[MATERIAL FOR THE TASK]
-- ===== src/Tests/Past.antt =====
-- Runs of the agent's states, from the commit to the report.
use mathlib.Core.List.{Memᴰ}
use ota_pulse.Prelude.Int.{pos}
use ota_pulse.ControlMap.Map.{UpdateControlMap, action}
use ota_pulse.Prelude.{
  contains, ℕ, ◌≡◌, refl, String, Bool, true, some, [], arith, lookup, insert, delete,
}
use ota_pulse.Errors.{other, new_fatal_error}
use ota_pulse.Datastore.StateName.{MenderState}
use ota_pulse.Datastore.UpdateInfo.{UpdateInfo}
use ota_pulse.Datastore.Db.{Db, no_faults, text_entry, artifact_name_key}
use ota_pulse.Datastore.StateData.{store_state_data, store_state_data_and_transaction}
use ota_pulse.Datastore.Artifact.{commit_artifact_data}
use ota_pulse.Agent.Transition.{Transition}
use ota_pulse.Agent.State.{status_failure, StatusReport, State, state_id}
use ota_pulse.Agent.Env.{Env}
use ota_pulse.Agent.Machine.{Machine, ◌>>=◌, ◌>>◌, pure, ask, gets}
use ota_pulse.Agent.Report.{send_deployment_status, report_update_status}
use ota_pulse.Agent.Step.Bounds.{
  counted, handle_status_report_retry-ends, handle_status_report-counts,
}
use ota_pulse.Agent.Step.Commit.{handle_update_commit-stores_name}
use ota_pulse.Agent.Step.Interrupted.{is_rollback_state, interrupted_commit-rolls_back}
use ota_pulse.Agent.Handle.{
  handle, handle_init, handle_status_report, handle_status_report_retry, get_next_state,
  handle_update_commit, store_commit,
}
use ota_pulse.Agent.Step.{enter_state, transition_state}
use ota_pulse.Agent.Step.PastCommit.{
  IsFinishing, in_first_commit, IsFinishingOrIdle, finishing, rollbacks, IsQuiet, Leads,
}
use ota_pulse.Agent.Step.PastCommit.Handlers.{handle-keeps_committed}
use ota_pulse.Agent.Step.PastCommit.Transitions.{StaysCommitted, transition_state-keeps_committed}
use ota_pulse.Agent.Step.PastCommit.Scripts.{at_commit}
use ota_pulse.Agent.Step.PastCommit.Runs.{
  here, then_round, Run-keeps_committed, enter_state-rolls_back,
}
use ota_pulse.Agent.Step.PastCommit.Restart.{restart-keeps_committed}
use ota_pulse.Prelude.{false, ◌∷◌, [], some, none}
use ota_pulse.Agent.Machine.{modify}
use ota_pulse.Datastore.UpdateInfo.{set_supports_rollback}
use ota_pulse.Agent.Env.{ArtifactHeaders}
use ota_pulse.Agent.Handle.{handle_update_store}
use ota_pulse.Agent.Step.Storing.{header_calls, handle_update_store-verifies}
use ota_pulse.Tests.Setup.{calm, storeless, release, device_in, committing, first_commit}

abbrev entered : (State × Bool) × Machine
entered = transition_state calm first_commit committing

Run-keeps_committed_example :
    IsFinishingOrIdle entered.0.0 × (rollbacks entered.1.trace ≡ rollbacks [])
Run-keeps_committed_example =
    Run-keeps_committed calm (λ _ _ _. refl) (λ _. refl) {m = committing} at_commit
      (finishing in_first_commit) (then_round refl here)

abbrev stored_db : Db
stored_db =
    (store_state_data no_faults []
      (record { version = 0; name = state_id first_commit; update_info = release }) true).0

abbrev restarted : Machine
restarted = device_in State.init stored_db

restart-keeps_committed_example :
    IsFinishing (handle_init calm restarted).0.next
    × (rollbacks (handle_init calm restarted).1.trace ≡ rollbacks [])
unfolding lookup
restart-keeps_committed_example =
    restart-keeps_committed calm restarted [] release true (λ _. refl)
      (in_first_commit {u = release}) refl (grind arith) refl

transition_state-keeps_committed_example :
    StaysCommitted committing (transition_state calm first_commit committing)
transition_state-keeps_committed_example =
    transition_state-keeps_committed calm (λ _ _ _. refl) (λ _. refl) committing at_commit
      in_first_commit

handle-keeps_committed_example : IsQuiet Leads (handle storeless first_commit)
handle-keeps_committed_example = handle-keeps_committed storeless in_first_commit

abbrev reporting : String → ℕ → State
reporting status n =
    State.update_status_report (record {
      update = release;
      status = status;
      tries_sending_report = n;
      tries_sending_logs = 0;
    })

abbrev committed : State
committed = State.update_after_commit release

enter_state-rolls_back_example :
    ((t : Transition) (status : String)
      → (enter_state storeless committed (State.update_cleanup t status release) committing).0.next
        ≡ State.rollback release)
    × ((status : String) (n : ℕ)
        → (enter_state storeless committed (reporting status n) committing).0.next
          ≡ State.rollback release)
enter_state-rolls_back_example =
    enter_state-rolls_back storeless committed committing release refl (λ _. refl)

abbrev failure_report : StatusReport
failure_report = record {
  update = release;
  status = status_failure;
  tries_sending_report = 2;
  tries_sending_logs = 0;
}

handle_status_report_retry-ends_example :
    (handle_status_report_retry calm failure_report release 11 committing).0.next ≡ State.idle
handle_status_report_retry-ends_example =
    handle_status_report_retry-ends calm committing failure_report release 11 (omega arith)

abbrev unreachable_server : Env
unreachable_server = record calm { api_error = λ _. some other }

handle_status_report-counts_example :
    ((handle_status_report unreachable_server failure_report committing).0.next
      ≡ State.status_report_retry
          (record failure_report { update = counted failure_report; tries_sending_report = 3 })
          (counted failure_report)
          3)
    × ((get_next_state unreachable_server MenderState.status_report_retry
          (counted failure_report)
          (new_fatal_error other)
          committing).0
        ≡ State.update_status_report (record {
          update = counted failure_report;
          status = status_failure;
          tries_sending_report = 3;
          tries_sending_logs = 0;
        }))
handle_status_report-counts_example =
    handle_status_report-counts unreachable_server committing committing failure_report
      (new_fatal_error other) refl refl

handle_update_commit-stores_name_example :
    lookup artifact_name_key (handle_update_commit calm 0 release committing).1.db
    ≡ some (text_entry "release-2")
unfolding handle_update_commit send_deployment_status report_update_status store_commit
    store_state_data_and_transaction commit_artifact_data ◌>>=◌ ◌>>◌ pure ask lookup insert gets
    delete
handle_update_commit-stores_name_example =
    handle_update_commit-stores_name calm 0 release committing refl

interrupted_commit-rolls_back_example :
    (lookup artifact_name_key (store_commit calm release committing).1.db
      ≡ some (text_entry "release-2"))
    × (is_rollback_state
          (handle_init calm
            (device_in State.init (store_commit calm release committing).1.db)).0.next
        ≡ true)
unfolding commit_artifact_data lookup delete insert
interrupted_commit-rolls_back_example =
    interrupted_commit-rolls_back calm committing
      (device_in State.init (store_commit calm release committing).1.db) release (λ _. refl)
      (λ _. refl) refl refl refl (omega arith) refl

-- Two maps of one priority: one lets the commit go on, and one asks for a pause.
abbrev map_asking : String → UpdateControlMap
map_asking answer = record {
  id = "deployment-1";
  priority = pos 5;
  states =
      (
        "ArtifactCommit_Enter",
        record { action = answer; on_map_expire = "fail"; on_action_executed = "continue" },
      )
      ∷ [];
  stamped = 0;
  half_way_time = 0;
  expiry_time = 0;
  expired = false;
}

abbrev doubtful : Machine
doubtful = record committing {
  pool = record {
    maps = map_asking "continue" ∷ map_asking "pause" ∷ [];
    saved = none;
    announced = false;
  };
}

abbrev release_headers : ArtifactHeaders
release_headers = record {
  artifact_name = "release-2";
  compatible_devices = "board" ∷ [];
  payload_types = "rootfs-image" ∷ [];
  depends = none;
  provides_error = false;
  provides = none;
  clears_provides = none;
}

abbrev downloading : Env
downloading = record calm { headers = λ _. some release_headers }

abbrev for_boards : UpdateInfo
for_boards = record release {
  artifact = record release.artifact { compatible_devices = "board" ∷ [] };
}

handle_update_store-verifies_example :
    (h : ArtifactHeaders) × (downloading.headers (header_calls for_boards committing) ≡ some h)
    × (h.artifact_name ≡ "release-2")
    × ((d : String) → Memᴰ d ("board" ∷ []) → Memᴰ d h.compatible_devices)
    × (h.provides_error ≡ false)
unfolding handle_update_store ◌>>=◌ ask pure ◌>>◌ lookup modify gets set_supports_rollback insert
    delete contains
handle_update_store-verifies_example =
    handle_update_store-verifies downloading for_boards committing refl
[/MATERIAL FOR THE TASK]
Among the entries, how many lines contain the string "pause"? Give the number without anything else.

- **TASK RESULT**: 2